Marcelo Soza contradicts official version of hotel raid that led to Michael Dwyer’s death

Serious questions around lawfulness of police operation, says former prosecutor

Michael Dwyer: he was unarmed when shot in his hotel room in the city of Santa Cruz on April 16th, 2009. Photograph:  PA Wire
Michael Dwyer: he was unarmed when shot in his hotel room in the city of Santa Cruz on April 16th, 2009. Photograph: PA Wire

There are serious questions concerning the lawfulness of the Bolivian police operation in which Michael Dwyer was shot dead, according to the former public prosecutor who investigated the circumstances surrounding the Co Tipperary man's death.

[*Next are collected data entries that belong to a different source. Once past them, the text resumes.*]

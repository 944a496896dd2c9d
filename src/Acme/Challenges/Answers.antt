-- ===== src/Acme/Challenges/Answers.antt =====
-- Who may answer a challenge, and what a successful attempt has shown.
use Prim.Native.String.{◌++◌ as text_append}
use mnemoca.Prelude.{
  String, true, Option, some, List, [], ◌∷◌, Result, ok, err, ◌≡◌, refl, ◌⊎◌, inl, inr, arith,
  eq_iff, ap, Result-cases, Option-cases, Bool-cases, lookup, str_eq, contains, take, cut_prefix,
  trim_space,
}
use mathlib.Core.Path.{subst}
use mnemoca.Store.Fault.{StoreError}
use mnemoca.Store.Bucket.{get}
use mnemoca.Store.Bucket.Laws.{get_found}
use mnemoca.Audit.Record.{Bytes}
use mnemoca.Acme.Problem.{Account}
use mnemoca.Acme.Keys.{Codec}
use mnemoca.Acme.Orders.{Authz, Status}
use mnemoca.Acme.Finalize.{is_owner}
use mnemoca.Acme.Finalize.Admitted.{is_owner-some}
use mnemoca.Acme.Challenges.{
  Failure, Challenge, Reply, Network, Trials, ChallengeCall, without_star, judged_authz,
  found_challenge, found_authz, load_challenge, is_asked, key_authz, check_http01, check_dns01,
  attempt,
}

pub judged_authz_id : (v : Result Failure (Unit {0})) (az : Authz) → (judged_authz v az).id ≡ az.id
judged_authz_id (err e) az = refl
judged_authz_id (ok _) az = refl

found_challenge_ok :
    (r : Result StoreError Challenge) (ch : Challenge) → found_challenge r ≡ ok ch → r ≡ ok ch
found_challenge_ok (err e) ch h = absurd (ground (arith, h))
found_challenge_ok (ok c) ch h = ground (arith, h)

found_authz_ok : (r : Result StoreError Authz) (az : Authz) → found_authz r ≡ ok az → r ≡ ok az
found_authz_ok (err e) az h = absurd (ground (arith, h))
found_authz_ok (ok a) az h = ground (arith, h)

pub is_asked_pending :
    (payload : Bytes) (s : Status) → is_asked payload s ≡ true → s ≡ Status.pending
is_asked_pending [] s h = absurd (ground (arith, h))
is_asked_pending (b ∷ bs) Status.pending h = refl
is_asked_pending (b ∷ bs) Status.ready h = absurd (ground (arith, h))
is_asked_pending (b ∷ bs) Status.valid h = absurd (ground (arith, h))
is_asked_pending (b ∷ bs) Status.invalid h = absurd (ground (arith, h))

-- The challenge and its authorization are stored, and the account is the owner.
abbrev pub IsOwn : Option Account → String → Trials → Challenge → Authz → Type 0
IsOwn account id s ch az =
    (acct : Account) × (account ≡ some acct)
    × (lookup id s.challenges.docs ≡ some ch)
    × (lookup ch.authz_id s.authzs.docs ≡ some az)
    × (az.account_id ≡ acct.id)

pub load_challenge-IsOwn :
    (c : ChallengeCall) (account : Option Account) (id : String) (s : Trials) (ch : Challenge)
    (az : Authz)
    → load_challenge c account id s ≡ ok (ch, az)
    → IsOwn account id s ch az
unfolding load_challenge
load_challenge-IsOwn c account id s ch az h =
    elim (Result-cases (found_challenge (get c.on_challenge id s.challenges))) [
      | inl (e, bad) ↦ absurd (ground (arith, h, bad))
      | inr (ch', e₁) ↦ elim (Result-cases (found_authz (get c.on_authz ch'.authz_id s.authzs))) [
        | inl (e, bad) ↦ absurd (ground (arith, h, e₁, bad))
        | inr (az', e₂) ↦ elim (Bool-cases (is_owner account az'.account_id)) [
          | inr other ↦ absurd (ground (arith, h, e₁, e₂, other))
          | inl mine ↦
              let same_ch : ch' ≡ ch = ground (arith, h, e₁, e₂, mine) in
              let same_az : az' ≡ az = ground (arith, h, e₁, e₂, mine) in
              let (acct, there, owner) = is_owner-some account az'.account_id mine in
              subst (λ x. IsOwn account id s ch x) same_az
                (subst (λ x. IsOwn account id s x az') same_ch
                  (
                    acct,
                    there,
                    get_found c.on_challenge id s.challenges (found_challenge_ok _ ch' e₁),
                    get_found c.on_authz ch'.authz_id s.authzs (found_authz_ok _ az' e₂),
                    owner,
                  ))
        ]
      ]
    ]

module _ (l : Codec) (n : Network) where
  -- The host has served the account's key authorization for the challenge's token, or has its digest
  -- in a TXT record.
  abbrev pub IsAnswered : Account → Authz → Challenge → Type 0
  IsAnswered acct az ch =
      ((ch.typ ≡ "http-01")
        × (reply : Reply) × (body : Bytes) × (n.fetch az.identifier ch.token ≡ some reply)
        × (reply.code ≡ 200)
        × (reply.body ≡ some body)
        × (trim_space (n.text (take 8192 body)) ≡ key_authz l n ch.token acct))
      ⊎ ((ch.typ ≡ "dns-01")
          × (txts : List String) × (n.txt (
                text_append "_acme-challenge."
                  (without_star (cut_prefix "*." az.identifier) az.identifier))
              ≡ some txts)
          × (contains txts (l.base64 (l.sha256 (l.utf8 (key_authz l n ch.token acct)))) ≡ true))

  check_http01_ok :
      (host token expected : String)
      → check_http01 l n host token expected ≡ ok tt
      → (reply : Reply) × (body : Bytes) × (n.fetch host token ≡ some reply)
        × (reply.code ≡ 200)
        × (reply.body ≡ some body)
        × (trim_space (n.text (take 8192 body)) ≡ expected)
  unfolding check_http01
  check_http01_ok host token expected h = elim (Option-cases (n.fetch host token)) [
    | inl bad ↦ absurd (ground (arith, h, bad))
    | inr (reply, e₁) ↦ elim (Option-cases reply.body) [
      | inl bad ↦ absurd (ground (arith, h, e₁, bad))
      | inr (body, e₂) ↦
          let code : reply.code ≡ 200 = ground (arith, h, e₁, e₂) in
          let same : str_eq (trim_space (n.text (take 8192 body))) expected ≡ true =
            ground (arith, h, e₁, e₂, code) in
          (reply, body, e₁, code, e₂, (eq_iff _ expected).0 same)
    ]
  ]

  check_dns01_ok :
      (host expected : String)
      → check_dns01 l n host expected ≡ ok tt
      → (txts : List String) × (n.txt (text_append "_acme-challenge." host) ≡ some txts)
        × (contains txts (l.base64 (l.sha256 (l.utf8 expected))) ≡ true)
  unfolding check_dns01
  check_dns01_ok host expected h =
      elim (Option-cases (n.txt (text_append "_acme-challenge." host))) [
        | inl bad ↦ absurd (ground (arith, h, bad))
        | inr (txts, e) ↦ (txts, e, ground (arith, h, e))
      ]

  attempt-IsAnswered :
      (acct : Account) (az : Authz) (ch : Challenge)
      → attempt l n acct az ch ≡ ok tt
      → IsAnswered acct az ch
  unfolding attempt
  attempt-IsAnswered acct az ch h = elim (Bool-cases (str_eq ch.typ "http-01")) [
    | inl http ↦
        let (reply, body, fetched, code, read, same) =
          check_http01_ok az.identifier ch.token (key_authz l n ch.token acct)
            (ground (arith, h, http)) in
        inl ((eq_iff ch.typ "http-01").0 http, reply, body, fetched, code, read, same)
    | inr other ↦ elim (Bool-cases (str_eq ch.typ "dns-01")) [
      | inl dns ↦
          let (txts, looked_up, there) =
            check_dns01_ok (without_star (cut_prefix "*." az.identifier) az.identifier)
              (key_authz l n ch.token acct) (ground (arith, h, other, dns)) in
          inr ((eq_iff ch.typ "dns-01").0 dns, txts, looked_up, there)
      | inr neither ↦ absurd (ground (arith, h, other, neither))
    ]
  ]

  -- The authorization is valid and its challenge answered, or it is invalid.
  abbrev pub IsJudged : Account → Authz → Challenge → Authz → Type 0
  IsJudged acct az ch x =
      ((x ≡ record az { status = Status.valid }) × IsAnswered acct az ch)
      ⊎ (x ≡ record az { status = Status.invalid })

  pub judged_authz-IsJudged :
      (acct : Account) (az : Authz) (ch : Challenge)
      → IsJudged acct az ch (judged_authz (attempt l n acct az ch) az)
  judged_authz-IsJudged acct az ch = elim (Result-cases (attempt l n acct az ch)) [
    | inl (e, bad) ↦ inr (ap (λ v. judged_authz v az) bad)
    | inr (u, good) ↦ inl (ap (λ v. judged_authz v az) good, attempt-IsAnswered acct az ch good)
  ]
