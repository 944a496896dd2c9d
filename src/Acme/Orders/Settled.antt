-- ===== src/Acme/Orders/Settled.antt =====
-- When the status of an order changes, and to what.
use mnemoca.Acme.Orders.{
  Status, Authz, Order, Verdict, scan, by_status, settle, if_pending, update_order_status,
}
use mnemoca.Store.Fault.{fine, refused, Fault, StoreError}
use mathlib.Core.Path.{ap, subst}
use mathlib.Core.Option.{some-injective}
use mnemoca.Store.Fault.{fine, refused, ghost}
use mnemoca.Store.Bucket.Laws.{get_found}
use mnemoca.Store.Bucket.{Bucket, get, put}
use mnemoca.Prelude.{
  eq_refl, lookup-insert, Dict, insert, refl, inr, ◌∙◌, sym, arith, inl, Result-cases, ◌⊎◌, some,
  lookup, ◌≡◌, String, Bool, true, false, List, [], ◌∷◌, Result, ok, err,
}

-- Every authorization of the list is stored and valid.
unfoldable pub AllValid : Bucket Authz → List String → Type 0
AllValid authzs [] = Unit
AllValid authzs (id ∷ ids) =
    ((az : Authz) × (lookup id authzs.docs ≡ some az) × (az.status ≡ Status.valid))
    × AllValid authzs ids

granted_by :
    (status : Status) (name : String) (on waiting : Result StoreError Verdict)
    → by_status status name on waiting ≡ ok Verdict.grant
    → ((status ≡ Status.valid) × (on ≡ ok Verdict.grant)) ⊎ (waiting ≡ ok Verdict.grant)
granted_by Status.invalid name on waiting h = absurd (ground (arith, h))
granted_by Status.valid name on waiting h = inl (refl, h)
granted_by Status.pending name on waiting h = inr h
granted_by Status.ready name on waiting h = inr h

module _ (f : String → Fault) (authzs : Bucket Authz) where
  scan_unread :
      (all_valid : Bool) (id : String) (ids : List String) {e : StoreError}
      → get (f id) id authzs ≡ err e
      → scan f authzs all_valid (id ∷ ids) ≡ err e
  unfolding scan
  scan_unread all_valid id ids h = rw (scan, h) refl

  scan_read :
      (all_valid : Bool) (id : String) (ids : List String) {az : Authz}
      → get (f id) id authzs ≡ ok az
      → scan f authzs all_valid (id ∷ ids)
        ≡ by_status az.status az.identifier (scan f authzs all_valid ids) (scan f authzs false ids)
  unfolding scan
  scan_read all_valid id ids h = rw (scan, h) refl

  scan-AllValid :
      (all_valid : Bool) (ids : List String)
      → scan f authzs all_valid ids ≡ ok Verdict.grant
      → (all_valid ≡ true) × AllValid authzs ids
  unfolding scan AllValid
  scan-AllValid true [] h = (refl, tt)
  scan-AllValid false [] h = absurd (ground (arith, h))
  scan-AllValid all_valid (id ∷ ids) h = elim (Result-cases (get (f id) id authzs)) [
    | inl (e, failed) ↦ absurd (ground (arith, sym h ∙ scan_unread all_valid id ids failed))
    | inr (az, found) ↦
        elim (granted_by az.status az.identifier _ _ (sym (scan_read all_valid id ids found) ∙ h)) [
          | inl (good, on) ↦
              let (so_far, rest) = scan-AllValid all_valid ids on in
              (so_far, ((az, get_found (f id) id authzs found, good), rest))
          | inr waiting ↦ absurd (ground (arith, (scan-AllValid false ids waiting).0))
        ]
  ]

-- The orders are as they were, or the order is put with a status that the verdict gives.
abbrev Moved : String → Order → Result StoreError Verdict → Bucket Order → Bucket Order → Type 0
Moved id o r orders orders' =
    (orders' ≡ orders)
    ⊎ ((new : Order) × (orders'.docs ≡ insert id new orders.docs)
        × (((new.status ≡ Status.ready) × (r ≡ ok Verdict.grant)) ⊎ (new.status ≡ Status.invalid)))

settle-Moved :
    (g : Fault) (id : String) (o : Order) (r : Result StoreError Verdict) (orders : Bucket Order)
    → Moved id o r orders (settle g id o r orders).1
unfolding put
settle-Moved g id o (err e) orders = inl refl
settle-Moved g id o (ok Verdict.wait) orders = inl refl
settle-Moved refused id o (ok (Verdict.refuse name)) orders = inl refl
settle-Moved fine id o (ok (Verdict.refuse name)) orders = inr (_, refl, inr refl)
settle-Moved ghost id o (ok (Verdict.refuse name)) orders = inr (_, refl, inr refl)
settle-Moved refused id o (ok Verdict.grant) orders = inl refl
settle-Moved fine id o (ok Verdict.grant) orders = inr (_, refl, inl (refl, refl))
settle-Moved ghost id o (ok Verdict.grant) orders = inr (_, refl, inl (refl, refl))

pub if_pending_cases {ℓ} :
    {A : Type ℓ} (status : Status) (a b : A)
    → (if_pending status a b ≡ b) ⊎ ((status ≡ Status.pending) × (if_pending status a b ≡ a))
if_pending_cases Status.pending a b = inr (refl, refl)
if_pending_cases Status.ready a b = inl refl
if_pending_cases Status.valid a b = inl refl
if_pending_cases Status.invalid a b = inl refl

pub updated :
    (h : Fault) (f : String → Fault) (g : Fault) (id : String) (authzs : Bucket Authz)
    (orders : Bucket Order) {o : Order}
    → get h id orders ≡ ok o
    → update_order_status h f g id authzs orders
      ≡ if_pending o.status (settle g id o (scan f authzs true o.authz_ids) orders) (ok tt, orders)
unfolding update_order_status
updated h f g id authzs orders found = rw (update_order_status, found) refl

pub unread :
    (h : Fault) (f : String → Fault) (g : Fault) (id : String) (authzs : Bucket Authz)
    (orders : Bucket Order) {e : StoreError}
    → get h id orders ≡ err e
    → update_order_status h f g id authzs orders ≡ (err e, orders)
unfolding update_order_status
unread h f g id authzs orders failed = rw (update_order_status, failed) refl

update_order_status-Moved :
    (h : Fault) (f : String → Fault) (g : Fault) (id : String) (authzs : Bucket Authz)
    (orders : Bucket Order) {o : Order}
    → lookup id orders.docs ≡ some o
    → let orders' = (update_order_status h f g id authzs orders).1 in
      (orders' ≡ orders)
      ⊎ ((o.status ≡ Status.pending) × Moved id o (scan f authzs true o.authz_ids) orders orders')
update_order_status-Moved h f g id authzs orders {o} before =
    elim (Result-cases (get h id orders)) [
      | inl (e, failed) ↦ inl (ap (λ u. u.1) (unread h f g id authzs orders failed))
      | inr (read, found) ↦
          let same : read ≡ o = some-injective _ _ (sym (get_found h id orders found) ∙ before) in
          let now = updated h f g id authzs orders (found ∙ ap ok same) in
          elim (if_pending_cases o.status (settle g id o (scan f authzs true o.authz_ids) orders)
            (ok tt, orders)) [
              | inl kept ↦ inl (ap (λ u. u.1) (now ∙ kept))
              | inr (waited, settled) ↦ inr (
                waited,
                subst (λ u. Moved id o (scan f authzs true o.authz_ids) orders u.1)
                    (sym (now ∙ settled))
                    (settle-Moved g id o (scan f authzs true o.authz_ids) orders),
              )
            ]
    ]

found_new :
    (id : String) (new : Order) (docs : Dict Order) → lookup id (insert id new docs) ≡ some new
found_new id new docs = rw (lookup-insert, eq_refl) refl

kept_order :
    {orders orders' : Bucket Order} (id : String) {o o' : Order}
    → lookup id orders.docs ≡ some o
    → lookup id orders'.docs ≡ some o'
    → orders' ≡ orders
    → o' ≡ o
kept_order id before after same =
    some-injective _ _ (sym after ∙ ap (λ b. lookup id b.docs) same ∙ before)

-- An order becomes ready only when it was pending and each of its authorizations is stored and
-- valid; a status that is not pending is never changed.
pub update_order_status_lem :
    (h : Fault) (f : String → Fault) (g : Fault) (id : String) (authzs : Bucket Authz)
    (orders : Bucket Order) {o o' : Order}
    → lookup id orders.docs ≡ some o
    → lookup id (update_order_status h f g id authzs orders).1.docs ≡ some o'
    → (o' ≡ o)
      ⊎ ((o.status ≡ Status.pending)
          × (((o'.status ≡ Status.ready) × AllValid authzs o.authz_ids)
              ⊎ (o'.status ≡ Status.invalid)))
update_order_status_lem h f g id authzs orders {o} {o'} before after =
    elim (update_order_status-Moved h f g id authzs orders before) [
      | inl same ↦ inl (kept_order id before after same)
      | inr (waited, inl same) ↦ inl (kept_order id before after same)
      | inr (waited, inr (new, put_there, verdict)) ↦
          let at : o' ≡ new =
            some-injective _ _
              (sym after ∙ ap (lookup id) put_there ∙ found_new id new orders.docs) in
          inr (
            waited,
            elim verdict [
              | inl (now_ready, granted) ↦ inl (
                ap (λ u. u.status) at ∙ now_ready,
                (scan-AllValid f authzs true o.authz_ids granted).1,
              )
              | inr refused_it ↦ inr (ap (λ u. u.status) at ∙ refused_it)
            ],
          )
    ]
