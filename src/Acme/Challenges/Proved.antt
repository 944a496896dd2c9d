-- ===== src/Acme/Challenges/Proved.antt =====
-- What a validated authorization has shown.

use mnemoca.Prelude.{
  String, Option, some, ◌≡◌, refl, ◌⊎◌, inl, inr, arith, ap, sym, ◌∙◌, Result-cases, Bool-cases,
  lookup,
}
use mathlib.Core.Path.{subst}
use mnemoca.Store.Bucket.{Bucket, put}
use mnemoca.Store.Bucket.Laws.{put-lookup}
use mnemoca.Audit.Record.{Bytes}
use mnemoca.Acme.Problem.{Account}
use mnemoca.Acme.Keys.{Codec}
use mnemoca.Acme.Orders.{Authz, Status, update_order_status}
use mnemoca.Acme.Challenges.{
  Challenge, Network, Trials, ChallengeCall, judged, judged_authz, load_challenge, is_asked,
  attempt, store_outcome, validate_challenge, answer_challenge, handle_challenge,
}
use mnemoca.Acme.Challenges.Answers.{
  judged_authz_id, is_asked_pending, IsOwn, load_challenge-IsOwn, IsJudged, judged_authz-IsJudged,
}

module _ (l : Codec) (n : Network) where
  store_outcome_authzs :
      (c : ChallengeCall) (ch : Challenge) (az : Authz) (s : Trials)
      → let s' = (store_outcome l n c ch az s).1 in
        (s'.authzs ≡ s.authzs) ⊎ (s'.authzs ≡ (put c.on_store_authz az.id az s.authzs).1)
  unfolding store_outcome
  store_outcome_authzs c ch az s =
      elim (Result-cases (put c.on_store_challenge ch.id ch s.challenges).0) [
        | inl (e, bad) ↦ inl (rw (bad, store_outcome) refl)
        | inr (_, stored) ↦ elim (Result-cases (put c.on_store_authz az.id az s.authzs).0) [
          | inl (e, bad) ↦ inr (rw (stored, bad, store_outcome) refl)
          | inr (_, done) ↦ inr (rw (stored, done, store_outcome) refl)
        ]
      ]

  pub store_outcome_orders :
      (c : ChallengeCall) (ch : Challenge) (az : Authz) (s : Trials)
      → let s' = (store_outcome l n c ch az s).1 in
        (s'.orders ≡ s.orders)
        ⊎ (s'.orders
            ≡ (update_order_status c.on_order c.on_scan c.on_store_order az.order_id s'.authzs
                s.orders).1)
  unfolding store_outcome
  store_outcome_orders c ch az s =
      elim (Result-cases (put c.on_store_challenge ch.id ch s.challenges).0) [
        | inl (e, bad) ↦ inl (rw (bad, store_outcome) refl)
        | inr (_, stored) ↦ elim (Result-cases (put c.on_store_authz az.id az s.authzs).0) [
          | inl (e, bad) ↦ inl (rw (stored, bad, store_outcome) refl)
          | inr (_, done) ↦ inr (rw (stored, done, store_outcome) refl)
        ]
      ]

  -- A request to a challenge leaves everything as it was, or stores the outcome of its attempt.
  pub handle_challenge_cases :
      (c : ChallengeCall) (account : Option Account) (id : String) (payload : Bytes) (s : Trials)
      → let s' = (handle_challenge l n c account id payload s).1 in
        (s' ≡ s)
        ⊎ ((acct : Account) × (ch : Challenge) × (az : Authz) × (account ≡ some acct)
            × IsOwn account id s ch az
            × (ch.status ≡ Status.pending)
            × (s'
                ≡ (store_outcome l n c
                    (judged c.now (attempt l n acct az ch) ch)
                    (judged_authz (attempt l n acct az ch) az)
                    s).1))
  unfolding handle_challenge answer_challenge validate_challenge
  handle_challenge_cases c account id payload s =
      elim (Result-cases (load_challenge c account id s)) [
        | inl (e, bad) ↦ inl (rw (bad, handle_challenge) refl)
        | inr ((ch, az), loaded) ↦
            let own = load_challenge-IsOwn c account id s ch az loaded in
            let (acct, there, _, _, _) = own in
            elim (Bool-cases (is_asked payload ch.status)) [
              | inr idle ↦ inl (ground (arith, loaded, there, idle))
              | inl asked ↦ elim (Bool-cases (n.is_json payload)) [
                | inr broken ↦ inl (ground (arith, loaded, there, asked, broken))
                | inl read ↦ inr (
                  acct,
                  ch,
                  az,
                  there,
                  own,
                  is_asked_pending payload ch.status asked,
                  ground (arith, loaded, there, asked, read),
                )
              ]
            ]
      ]

  -- An authorization that a request to a challenge changes is the requesting account's own and that of
  -- a stored pending challenge, and it is stored as valid only if the challenge was answered.
  pub handle_challenge-IsJudged :
      (c : ChallengeCall) (account : Option Account) (id : String) (payload : Bytes) (s : Trials)
      (az_id : String) (x : Authz)
      → lookup az_id (handle_challenge l n c account id payload s).1.authzs.docs ≡ some x
      → (lookup az_id s.authzs.docs ≡ some x)
        ⊎ ((acct : Account) × (ch : Challenge) × (az : Authz) × (account ≡ some acct)
            × IsOwn account id s ch az
            × (ch.status ≡ Status.pending)
            × (az_id ≡ az.id)
            × IsJudged l n acct az ch x)
  handle_challenge-IsJudged c account id payload s az_id x h =
      elim (handle_challenge_cases c account id payload s) [
        | inl kept ↦ inl (ap (λ (t : Trials). lookup az_id t.authzs.docs) (sym kept) ∙ h)
        | inr (acct, ch, az, there, own, waited, after) ↦
            let az' = judged_authz (attempt l n acct az ch) az in
            let found = ap (λ (t : Trials). lookup az_id t.authzs.docs) (sym after) ∙ h in
            elim (store_outcome_authzs c (judged c.now (attempt l n acct az ch) ch) az' s) [
              | inl same ↦ inl (ap (λ (b : Bucket Authz). lookup az_id b.docs) (sym same) ∙ found)
              | inr stored ↦
                  let found' =
                    ap (λ (b : Bucket Authz). lookup az_id b.docs) (sym stored) ∙ found in
                  elim (put-lookup c.on_store_authz az'.id az' s.authzs az_id) [
                    | inl same ↦ inl (sym same ∙ found')
                    | inr (at, here) ↦
                        let made : az' ≡ x = ground (arith, here, found') in
                        inr (
                          acct,
                          ch,
                          az,
                          there,
                          own,
                          waited,
                          at ∙ judged_authz_id (attempt l n acct az ch) az,
                          subst (λ y. IsJudged l n acct az ch y) made
                              (judged_authz-IsJudged l n acct az ch),
                        )
                  ]
            ]
      ]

In an interview with The Irish Times from his exile in Brazil that contradicts government claims and casts doubts on the authorities' version of events, Marcelo Soza said Mr Dwyer was unarmed when shot in his hotel room in the city of Santa Cruz in April 16th, 2009: "There was no gun near Dwyer when they killed him."

In charge of investigating the case for four years, Mr Soza says ballistic and autopsy reports as well as his own survey of the aftermath made clear that “there was no confrontation in the hotel,” and a shoot-out had not taken place.

In a damning indictment of the Bolivian authorities’ conduct, Mr Soza accused top officials of misrepresenting the nature of the police raid and then manipulating his own investigation into it until he was eventually forced to seek asylum in Brazil in March.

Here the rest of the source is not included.